I just hope she can wait until 4:45 when I cen be home with her. ray:


----------



## sweetgoats (Oct 18, 2007)

OH you poor thing :hug: . Now you know what we all go through every year, and we keep doing this to ourselves. You ask WHY?? Because we are all totally crazy.

I hope she holds off for you. Goes she have any discharge yet? Some of my does will get a long discharge and others I never ever see it.


----------



## kelebek (Oct 5, 2007)

Why don't you ship her over here and I will watch her for you!!! :shrug:


----------



## bbredmom (Sep 30, 2008)

Alright, I'm going home in ten minutes. Hubby left me the computer. Hopefully there will either already be babies, or babies tonight! Donnie said they were dancing in Rosies Belly before he left. She continued to eat, almost bored with the whole thing!


----------



## sweetgoats (Oct 18, 2007)

OH, I thought you were going to tell you us have beautiful babies. :hair:


----------



## AlaskaBoers (May 7, 2008)

can't wait. someone one here said that they are giving birth very soon if their eyes are bloodshot, maybe we could see if that works? 

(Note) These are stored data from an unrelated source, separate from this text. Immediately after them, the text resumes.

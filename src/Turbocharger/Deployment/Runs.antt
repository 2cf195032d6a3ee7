-- ===== src/Turbocharger/Deployment/Runs.antt =====
-- pkg/turbocharger/deployment.go: what the steps of the workers keep.
use edgerouter.Base.{
  ◌≡◌, sym, ap, ◌∙◌, subst, Str, List, [], ◌∷◌, ◌++◌, map, append-nil, append_assoc, map-append,
  Option, some, ok, and_then-eq-ok, ok-injective, All, All_imp,
}
use edgerouter.Turbocharger.Ids.{ObjectId}
use edgerouter.Turbocharger.Store.{Cas}
use edgerouter.Turbocharger.Store.Contract.{IsStore}
use edgerouter.Turbocharger.Manifest.{FilePath, ext, or_octet_stream}
use edgerouter.Turbocharger.Manifest.Coherent.{Holds, insert_object-Holds}
use edgerouter.Turbocharger.Deployment.{
  FileToDeploy, Deploying, path_of, upload, Step, submitted, inserted, noted, Steps, done, next,
  upload_all, after_upload,
}
use mathlib.Core.List.Permᴰ
use mathlib.Core.List.{Permᴰ}

remove-All :
    {A : Type 0} (P : A → Type 0) (front : List A) (x : A) (back : List A)
    → All P (front ++ x ∷ back)
    → P x × All P (front ++ back)
remove-All P [] x back h = h
remove-All P (y ∷ front) x back h =
    let (p, rest) = remove-All P front x back h.1 in (p, (h.0, rest))

module _ {S : Type 0} (sha256 : Str → ObjectId) (mime_type_by_extension : Str → Str) (files : Cas S)
    (view : S → ObjectId → Option Str) (store : IsStore files view) (content : ObjectId → Str) where
  abbrev pub paths : List FileToDeploy → List FilePath
  paths l = map (path_of sha256) l

  -- All files, wherever they are.
  abbrev pub total : Deploying S → List FilePath
  total d = d.files ++ (d.uploaded ++ (paths d.received ++ paths d.source))

  Step-total :
      (d e : Deploying S) → Step sha256 mime_type_by_extension files d e → Permᴰ (total d) (total e)
  Step-total d e (submitted file rest is free) =
      subst (λ l. Permᴰ (d.files ++ (d.uploaded ++ (paths d.received ++ paths l))) (total e))
        (sym is)
        (Permᴰ.append_left d.files (
          Permᴰ.append_left d.uploaded
            (Permᴰ.middle (path_of sha256 file) (paths d.received) (paths rest))))
  Step-total d e (inserted front back file is did succeeded) =
      let p = path_of sha256 file in
      let Q = paths d.source in
      subst
        (λ l.
          Permᴰ (d.files ++ (d.uploaded ++ (l ++ Q)))
            (d.files ++ ((p ∷ d.uploaded) ++ (paths (front ++ back) ++ Q))))
        (sym (ap paths is ∙ map-append (path_of sha256) front (file ∷ back)))
        (subst
          (λ l.
            Permᴰ (d.files ++ (d.uploaded ++ ((paths front ++ p ∷ paths back) ++ Q)))
              (d.files ++ ((p ∷ d.uploaded) ++ (l ++ Q))))
          (sym (map-append (path_of sha256) front back))
          (Permᴰ.append_left d.files (
            Permᴰ.trans
              (Permᴰ.append_left d.uploaded
                (Permᴰ.append_right Q (Permᴰ.middle p (paths front) (paths back))))
              (Permᴰ.middle p d.uploaded ((paths front ++ paths back) ++ Q)))))
  Step-total d e (noted front back file is) =
      let X = paths d.received ++ paths d.source in
      subst (λ l. Permᴰ (d.files ++ (l ++ X)) (total e)) (sym is)
        (subst (λ l. Permᴰ (d.files ++ ((front ++ file ∷ back) ++ X)) l)
          (sym (append_assoc d.files (file ∷ []) ((front ++ back) ++ X)))
          (Permᴰ.append_left d.files (Permᴰ.append_right X (Permᴰ.middle file front back))))

  pub Steps-total :
      (d e : Deploying S)
      → Steps sha256 mime_type_by_extension files d e
      → Permᴰ (total d) (total e)
  Steps-total d e done = Permᴰ.refl (total d)
  Steps-total d e (next {e = c} step steps) =
      Permᴰ.trans (Step-total d c step) (Steps-total c e steps)

  -- The id of the file names its content.
  abbrev pub IsNamed : FileToDeploy → Type 0
  IsNamed file = content (sha256 file.content) ≡ file.content

  abbrev pub IsThere : S → FilePath → Type 0
  IsThere s p = (c : Str) × (view s p.content_id ≡ some c)

  pub record IsStored (d : Deploying S) : Type 0 where
    pub holds : Holds view content d.store
    pub named_received : All IsNamed d.received
    pub named_source : All IsNamed d.source
    pub there_uploaded : All (IsThere d.store) d.uploaded
    pub there_files : All (IsThere d.store) d.files

  append-All :
      (P : FilePath → Type 0) (xs : List FilePath) (x : FilePath)
      → All P xs
      → P x
      → All P (xs ++ x ∷ [])
  append-All P [] x h p = (p, tt)
  append-All P (y ∷ xs) x h p = (h.0, append-All P xs x h.1 p)

  Step-IsStored :
      (d e : Deploying S) → Step sha256 mime_type_by_extension files d e → IsStored d → IsStored e
  Step-IsStored d e (submitted file rest is free) i =
      let source = subst (All IsNamed) is i.named_source in
      record {
        holds = i.holds;
        named_received = (source.0, i.named_received);
        named_source = source.1;
        there_uploaded = i.there_uploaded;
        there_files = i.there_files;
      }
  Step-IsStored d e (inserted front back file {s = s} {result = result} is did succeeded) i =
      let (named, others) =
        remove-All IsNamed front file back (subst (All IsNamed) is i.named_received) in
      let id = sha256 file.content in
      let type = or_octet_stream (mime_type_by_extension (ext file.path)) in
      let is_s : (files.insert_object id file.content type d.store).1 ≡ s = ap (λ p. p.1) did in
      let is_result : (files.insert_object id file.content type d.store).0.result ≡ ok tt =
        ap (λ p. p.0.result) did ∙ succeeded in
      let kept : (p : FilePath) → IsThere d.store p → IsThere s p = λ p (c, h).
        subst (λ t. IsThere t p) is_s
          (store.insert_keeps id p.content_id file.content type c d.store h) in
      record {
        holds = subst (Holds view content) is_s (
            insert_object-Holds files view store content id file.content type d.store (sym named)
              i.holds);
        named_received = others;
        named_source = i.named_source;
        there_uploaded = (
          subst (λ t. IsThere t (path_of sha256 file)) is_s
              (store.insert_done id file.content type d.store is_result),
          All_imp _ _ d.uploaded kept i.there_uploaded,
        );
        there_files = All_imp _ _ d.files kept i.there_files;
      }
  Step-IsStored d e (noted front back file is) i =
      let (there, others) =
        remove-All (IsThere d.store) front file back
          (subst (All (IsThere d.store)) is i.there_uploaded) in
      record {
        holds = i.holds;
        named_received = i.named_received;
        named_source = i.named_source;
        there_uploaded = others;
        there_files = append-All (IsThere d.store) d.files file i.there_files there;
      }

  pub Steps-IsStored :
      (d e : Deploying S) → Steps sha256 mime_type_by_extension files d e → IsStored d → IsStored e
  Steps-IsStored d e done i = i
  Steps-IsStored d e (next {e = c} step steps) i =
      Steps-IsStored c e steps (Step-IsStored d c step i)

  pub upload_all-paths :
      (noted_files : List FilePath) (source : List FileToDeploy) (s : S) (out : List FilePath)
      (s' : S)
      → upload_all sha256 mime_type_by_extension files noted_files source s ≡ (ok out, s')
      → out ≡ noted_files ++ paths source
  unfolding upload_all
  upload_all-paths noted_files [] s out s' h =
      sym (ok-injective (ap (λ p. p.0) h)) ∙ sym (append-nil noted_files)
  upload_all-paths noted_files (file ∷ rest) s out s' h =
      let (u, t, now, later) =
        and_then-eq-ok
          (after_upload sha256 mime_type_by_extension files
            (upload sha256 mime_type_by_extension files file s))
          _ h in
      upload_all-paths (noted_files ++ path_of sha256 file ∷ []) rest t out s' later
      ∙ append_assoc noted_files (path_of sha256 file ∷ []) (paths rest)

hoping an uneventful kidding.


----------



## toth boer goats (Jul 20, 2008)

wow.......still nothing..... :? .........I was sure she would of popped ........,,but I guess she isn't quite ready yet...............:shades:


----------



## bbredmom (Sep 30, 2008)

Still nothing.

How long can a goat be in pre-labor? Weeks? I wont last that long!

The Buck is now infatuated with her. He sticks his nose in the slot between their pens, and makes a farty noise at her. He doesn't even want to eat! They can't reach each other, so dont worry.

She's positively frisky. I dont know how many people have asked me "Are you sure she is pregnant?"

She is pregnant, right?

Here are some pics from tonite. I was sure she was going to pop last night.




























Can goat have Braxton-Hicks contractions?

Save me!


----------



## sweetgoats (Oct 18, 2007)

wow, she is a beautiful doe. From the pictures that I could see, she doesn't have much of a bag, BUT not all goats bag up BEFORE. I sure have a few that like to wait until minutes before they kid to really bag up. 
YES she is pregnant. Do you have a picture of the buck? I am just so curious. I just love her deep color.


----------



## bbredmom (Sep 30, 2008)

Thank you so much! Her color has gotten darker with her winter coat...I can't wait to see what the babies look like.

Her bag is bigger than it looks in the pictures. Her teats are HUGE! Almost porno goat.

Here is Jack. We lost him and our lil bit three weeks ago. Dogs dug under my fence, killed Lil bit outright (who was also pregnant), and Gravely wounded Jack. He hun on till we got home. We had to put him to sleep two days later, so these babies are doubly special to us.

Wasn't he handsome!










Rosie and Lil'Bit


----------



## sweetgoats (Oct 18, 2007)

Oh these babies are going to be so special. I am so sorry that you lost them, I must of missed that post. 
Yes he was a very handsome boy.


----------



## AlaskaBoers (May 7, 2008)

anything? beautiful doe btw


----------



## sweetgoats (Oct 18, 2007)

OK, is no news going to be good news? ray:


----------



## kelebek (Oct 5, 2007)

Just talked with Kate - she is at work - NO babies.

However, this doe was bred to where she could be on day 150 between 10/30 and 11/5. So this soe would be hitting 145 tommorrow if she took on the very first day that they were together.

I told her that the doe is just messing with her because they are both new to this - and you know, it is the Code coming out. :ROFL: :ROFL: 

She is in a meeting - but I will let you know anything that I hear.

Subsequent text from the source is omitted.